Tuesday, July 29, 2014

DIY: Tomato Cage Trellises

When we bought our house, we inherited several tomato cages. They were tangled in the wild strawberry vines behind a shed. I gave most of them to a friend who's a domestic goddESS and gardens even! She's using them for actual tomatoes. Which I help her eat when she has too many.

I on the other hand, had a bad experience with garden growing when I decided to plant one in sixth grade. Our yard was clay and my watermelons were the size of baseballs. And tasteless. After watering faithfully day after hot day, I was not impressed. Which is why my remaining tomato cages would have a destiny all their own. Also, because I couldn't afford these from Pottery Barn. 


My plan for this type of trellis was always to grow a leafy/flowery vine up it and (if we ever get electricity in our garage) add some twinkly white lights to them. This year, I invested in clematis plants and planted them in a strip of earth that lines our driveway. Before this summer, there'd been only the free creeping flocks and a brick edge. I separated some of the flocks out to speed up their creeping and put the clematis between. The strip narrows so there's not enough room for more than two, but that was alright since they were $20 each. But they'll come back every year and be an ongoing joy.

I turned a tomato cage upside down and placed it at the base of a clematis. I twisted the ends that normally poke into the ground into a group that looked like the top of a tepee. Then I twist-tied the plant to the cage in different places, encouraging it to grow around to the opposite side of the cage. Here's how they've begun to cover around the cage.


As you can see, they aren't as tall as the trellises I'd drooled over at Pottery Barn, so I gave them some height. If you use larger tomato cages, this won't be necessary. I took a couple wire hangers and "extended" them. First I untwisted the necks of the wire hanger and made them a straightish line. I used the non-cutting part of my wire cutters to manipulate them, which is way more pleasant that trying to do it with your hands. I bent them in half and attached the ends to the "tepee tips" of the tomato cage in two places. 


The rusty part is the top of the tomato cage and the greenish part is the wire hanger. The folded end sticks up into the air, forming the top of my trellis. If you have any young children's toys to open (for safety reasons they are secured approximately a thousand times), some good can come of it! Use the plastic-covered twist ties to train plants without cutting into them. Here's how the clematis looks with the hanger hoisting it up.



The height makes it much more elegant. Now for an overall view of the flower bed...which has improved a bit from way back when...




So there's how you make your own cone-shaped trellises out of tomato cages and wire hangers. I realize they aren't a great option if you don't want a plant climbing your trellis, but that was always my plan so I don't care what the trellis looks like underneath. Here's a handy little photo that would be super great for pinning...hint, hint. :)

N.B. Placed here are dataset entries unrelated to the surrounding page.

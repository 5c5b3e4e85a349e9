-- ===== src/Rtp/Judged.antt =====
-- From the score of a scan to the end of a process: backend/engines/scanning/decision.py and
-- backend/core/realtime_protection.py together.
use graduationp.Prelude.{refl, suc, suc, Bool, false, ◌&&◌, String, ◌≡◌, ◌≤◌, arith, eq_iff}
use graduationp.Prelude.Dict.{Dict}
use graduationp.Value.{Value}
use graduationp.Decision.{
  Input, FinalDecision, build_final_decision, to_dict, default_block_threshold,
}
use graduationp.Decision.Actions.{static_block_iff_malicious, action_by_threshold}
use graduationp.Quarantine.Vault.{Vault}
use graduationp.Rtp.Trust.{
  Host, is_windows_system_path, is_not_false, is_trusted_sentinel_internal_helper,
}
use graduationp.Rtp.Plan.{
  ProcessAction, kill_process, ScanContext, EnforcementPlan, get_first, has_explicit_override,
  facts_of,
}
use graduationp.Rtp.Decide.{build_enforcement_plan}
use graduationp.Rtp.Guardrails.{decide_kill, kill_needs_evidence}
use graduationp.Rtp.Processes.{Call, LiveProcess, Stats, terminated, execute_process_action}
use graduationp.Rtp.Enforce.{Store, Launch, apply_enforcement}

stored_block :
    (d : FinalDecision)
    → get_first "action" "action" "allow" (to_dict d) ≡ "block"
    → d.action ≡ "block"
unfolding get_first to_dict
stored_block d h = ground (arith, eq_iff d.action "", eq_iff "allow" "block")

terminated_kill :
    (h : Host) (cached : Bool) (name path : String) (action : ProcessAction)
    (process : Call LiveProcess) (s : Stats)
    → (execute_process_action h cached name path action process s).1 ≡ terminated
    → action ≡ kill_process
unfolding execute_process_action
terminated_kill h cached name path action process s k = ground arith

pub blocked_completed :
    (i : Input) → (build_final_decision i).action ≡ "block" → i.scan_failed ≡ false
unfolding build_final_decision
blocked_completed i h = ground (arith, eq_iff "allow" "block")

pub blocked_score :
    (i : Input)
    → i.explicit_action ≡ ""
    → i.block_threshold ≡ default_block_threshold
    → (build_final_decision i).action ≡ "block"
    → 60 ≤ (build_final_decision i).score
blocked_score i e t b =
    let completed = blocked_completed i b in
    let by_threshold = action_by_threshold i completed (rw (e) refl) in
    ground (arith, by_threshold, eq_iff "allow" "block")

pub kill_blocks :
    (h : Host) (l : Launch) (i : Input) (c : ScanContext)
    → (build_enforcement_plan h l.name l.path (to_dict (build_final_decision i)) c).process_action
      ≡ kill_process
    → (build_final_decision i).action ≡ "block"
unfolding build_enforcement_plan facts_of
kill_blocks h l i c k =
    let d = build_final_decision i in
    stored_block d (decide_kill (facts_of h l.name l.path (to_dict d) c) k).0

module _ (h : Host) (store : Store) (l : Launch) (i : Input) (c : ScanContext) where
  abbrev decision : Dict Value
  decision = to_dict (build_final_decision i)

  abbrev plan : EnforcementPlan
  plan = build_enforcement_plan h l.name l.path decision c

  -- Under the static policy and the default threshold, and without an explicit action or override,
  -- a process is terminated only where its scan completed with a score of at least 60 and the
  -- verdict code "malicious", and never where its executable is a Windows system file whose
  -- signature is not known to be bad, or a Sentinel helper that this Sentinel started.
  pub only_malicious_terminated :
      (sha256 : String) (cached : Bool) (process : Call LiveProcess) (s : Stats) (v : Vault)
      → i.explicit_action ≡ ""
      → i.policy ≡ "static"
      → i.block_threshold ≡ default_block_threshold
      → has_explicit_override decision ≡ false
      → (apply_enforcement h store l plan decision sha256 cached process s v).2 ≡ terminated
      → (i.scan_failed ≡ false)
        × (60 ≤ (build_final_decision i).score)
        × ((build_final_decision i).verdict_code ≡ "malicious")
        × ((is_windows_system_path h l.path && is_not_false c.signature_valid) ≡ false)
        × (is_trusted_sentinel_internal_helper h l.name l.path c.parent_pid ≡ false)
  unfolding apply_enforcement
  only_malicious_terminated sha256 cached process s v e p t o k =
      let kill =
        terminated_kill h cached l.name l.path plan.process_action process
          (record s { threats_found = suc s.threats_found }) k in
      let blocks = kill_blocks h l i c kill in
      let completed = blocked_completed i blocks in
      let guards = kill_needs_evidence h l.name l.path decision c kill o in
      (
        completed,
        blocked_score i e t blocks,
        (static_block_iff_malicious i completed e p t).0 blocks,
        guards.4,
        guards.1,
      )
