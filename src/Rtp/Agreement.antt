-- ===== src/Rtp/Agreement.antt =====
-- The guard of the quarantine vault lets through what the real-time protection hands to it:
-- backend/core/realtime_protection.py and backend/engines/scanning/quarantine_manager.py together.
use graduationp.Prelude.{◌∙◌, ap, ℕ, ◌≤◌, String, List, none, ◌≡◌, refl, arith, eq_iff, pos, ap}
use graduationp.Prelude.Dict.{Dict, lookup}
use graduationp.Value.{Value, text, int, get}
use graduationp.Platform.{Platform}
use graduationp.Decision.{
  Input, FinalDecision, build_final_decision, to_dict, default_block_threshold, score_band,
}
use graduationp.Decision.Actions.{static_block_iff_malicious}
use graduationp.Quarantine.Guards.{incomplete_decision, normalize_source_key, as_optional_int}
use graduationp.Quarantine.Vault.{request_of, get_text}
use graduationp.Rtp.Trust.{Host}
use graduationp.Rtp.Plan.{
  kill_process, quarantine_file, ScanContext, EnforcementPlan, Facts, facts_of,
}
use graduationp.Rtp.Decide.{decide, build_enforcement_plan}
use graduationp.Rtp.Guardrails.{decide_kill}
use graduationp.Rtp.Enforce.{file_action_text}
use graduationp.Rtp.Judged.{kill_blocks, blocked_completed, blocked_score}
use graduationp.Rtp.Enforce.{Launch, metadata_with, shown_verdict, file_action_text}
use graduationp.Rtp.Plan.{score_of}

complete_request :
    (p : Platform) (path : String) (m : Dict Value) (n : ℕ)
    → get "enforcement_source" m ≡ text "rtp"
    → get "decision_action" m ≡ text "block"
    → get "decision_verdict" m ≡ text "Malicious"
    → get "decision_score" m ≡ int (pos n)
    → get "file_action" m ≡ text "quarantine_file"
    → 1 ≤ n
    → incomplete_decision (request_of p path m) ≡ none
unfolding request_of incomplete_decision normalize_source_key get_text as_optional_int
complete_request p path m n source action verdict score file positive =
    rw (source, action, verdict, score, file) (ground (arith, positive))

static_label :
    (i : Input)
    → i.policy ≡ "static"
    → (build_final_decision i).verdict_code ≡ "malicious"
    → (build_final_decision i).verdict_label ≡ "Malicious"
unfolding build_final_decision score_band
static_label i p = rw p (
    ground (
      arith,
      eq_iff "unknown" "malicious",
      eq_iff "safe" "malicious",
      eq_iff "suspicious" "malicious",
    ))

decide-action : (f : Facts) → (decide f).decision_action ≡ f.decision_action
unfolding decide
decide-action f = ground arith

malicious_shown :
    (d : FinalDecision) → d.verdict_label ≡ "Malicious" → shown_verdict (to_dict d) ≡ "Malicious"
unfolding shown_verdict to_dict
malicious_shown d h = rw h refl

score_read : (d : FinalDecision) → 1 ≤ d.score → score_of (to_dict d) ≡ pos d.score
unfolding score_of to_dict
score_read d h = ground (arith, h)

module _ (h : Host) (l : Launch) (i : Input) (c : ScanContext) where
  abbrev final : FinalDecision
  final = build_final_decision i

  abbrev plan : EnforcementPlan
  plan = build_enforcement_plan h l.name l.path (to_dict final) c

  plan_blocks : plan.process_action ≡ kill_process → plan.decision_action ≡ "block"
  unfolding build_enforcement_plan
  plan_blocks k =
      let f = facts_of h l.name l.path (to_dict final) c in decide-action f ∙ (decide_kill f k).0

  -- The vault's guard against incomplete decisions never refuses what an enforcement plan tells it
  -- to quarantine, where the plan comes from a final decision under the static policy and the
  -- default threshold, without an explicit action.
  pub plan_complete_for_vault :
      (p : Platform) (sha256 : String) (rules : List String)
      → i.explicit_action ≡ ""
      → i.policy ≡ "static"
      → i.block_threshold ≡ default_block_threshold
      → plan.process_action ≡ kill_process
      → plan.file_action ≡ quarantine_file
      → incomplete_decision
          (request_of p l.path (metadata_with l plan (to_dict final) sha256 rules))
        ≡ none
  unfolding metadata_with get lookup
  plan_complete_for_vault p sha256 rules e s t kill file =
      let blocks = kill_blocks h l i c kill in
      let completed = blocked_completed i blocks in
      let malicious = (static_block_iff_malicious i completed e s t).0 blocks in
      let score = blocked_score i e t blocks in
      complete_request p l.path _ final.score refl (ap text (plan_blocks kill))
        (ap text (malicious_shown final (static_label i s malicious)))
        (ap int (score_read final (omega (arith, score))))
        (ap (λ a. text (file_action_text a)) file) (omega (arith, score))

Have a wonderful week guys! I know I've only been posting once a week lately and I have so much to tell you, but I'm making the most of my last three weeks of summer. It may be slim pickin's a while longer. Since I don't know when I'll be back, I'm doing a version of What I Wore Wednesday on this Tuesday, because it's my blog, so I can. And because, I will be in yoga pants on the actual Wednesday. Guaranteed. 


I've always loved tomato red with turquoise but black and white stripes brighten it up. Later, my loves!